(Stored data entries)
-- ===== src/Value/Word.antt =====
-- Flags and addresses in a value word.
use yakushima.Common.{ℕ, ◌+◌, ◌-◌, ◌*◌, ◌/◌, ◌%◌, ◌^◌, ◌<◌, ◌≡◌, true, false, arith, bit_or}
use yakushima.Common.Bits.{bit_and_split, bit_and_flag, bit_or_flag, bit_and_mask, bit_and_clear}
use yakushima.Value.{val_ptr_flag, remove_ptr_flag, is_value_ptr}

-- `remove_ptr_flag` clears bit 62 and keeps all others.
pub remove_ptr_flag-eq : (w : ℕ) → w < 2 ^ 64 → remove_ptr_flag w ≡ w / 2 ^ 63 * 2 ^ 63 + w % 2 ^ 62
unfolding remove_ptr_flag
remove_ptr_flag-eq w h =
    let cut =
      bit_and_split 62 (w / 2 ^ 62) 2 (w % 2 ^ 62) (2 ^ 62 - 1) (omega arith) (omega arith) in
    let top = bit_and_clear 1 1 (w / 2 ^ 62) (omega arith) in
    let low = bit_and_mask 62 (w % 2 ^ 62) in
    let whole : w / 2 ^ 62 * 2 ^ 62 + w % 2 ^ 62 ≡ w = omega arith in
    ground (arith, cut, top, low, whole)

pub is_value_ptr-flag : (p : ℕ) → p < 2 ^ 62 → is_value_ptr (bit_or p val_ptr_flag) ≡ true
unfolding is_value_ptr
is_value_ptr-flag p h = ground (arith, bit_or_flag 62 p h, bit_and_flag 62 (bit_or p (2 ^ 62)))

pub is_value_ptr-inline : (w : ℕ) → w < 2 ^ 62 → is_value_ptr w ≡ false
unfolding is_value_ptr
is_value_ptr-inline w h = ground (arith, bit_and_flag 62 w)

**TRY IT**:
Set down the data in full, word for word.

**YOUR SOLUTION**:
-- ===== src/Value/Word.antt =====
-- Flags and addresses in a value word.
use yakushima.Common.{ℕ, ◌+◌, ◌-◌, ◌*◌, ◌/◌, ◌%◌, ◌^◌, ◌<◌, ◌≡◌, true, false, arith, bit_or}
use yakushima.Common.Bits.{bit_and_split, bit_and_flag, bit_or_flag, bit_and_mask, bit_and_clear}
use yakushima.Value.{val_ptr_flag, remove_ptr_flag, is_value_ptr}

-- `remove_ptr_flag` clears bit 62 and keeps all others.
pub remove_ptr_flag-eq : (w : ℕ) → w < 2 ^ 64 → remove_ptr_flag w ≡ w / 2 ^ 63 * 2 ^ 63 + w % 2 ^ 62
unfolding remove_ptr_flag
remove_ptr_flag-eq w h =
    let cut =
      bit_and_split 62 (w / 2 ^ 62) 2 (w % 2 ^ 62) (2 ^ 62 - 1) (omega arith) (omega arith) in
    let top = bit_and_clear 1 1 (w / 2 ^ 62) (omega arith) in
    let low = bit_and_mask 62 (w % 2 ^ 62) in
    let whole : w / 2 ^ 62 * 2 ^ 62 + w % 2 ^ 62 ≡ w = omega arith in
    ground (arith, cut, top, low, whole)

pub is_value_ptr-flag : (p : ℕ) → p < 2 ^ 62 → is_value_ptr (bit_or p val_ptr_flag) ≡ true
unfolding is_value_ptr
is_value_ptr-flag p h = ground (arith, bit_or_flag 62 p h, bit_and_flag 62 (bit_or p (2 ^ 62)))

pub is_value_ptr-inline : (w : ℕ) → w < 2 ^ 62 → is_value_ptr w ≡ false
unfolding is_value_ptr
is_value_ptr-inline w h = ground (arith, bit_and_flag 62 w)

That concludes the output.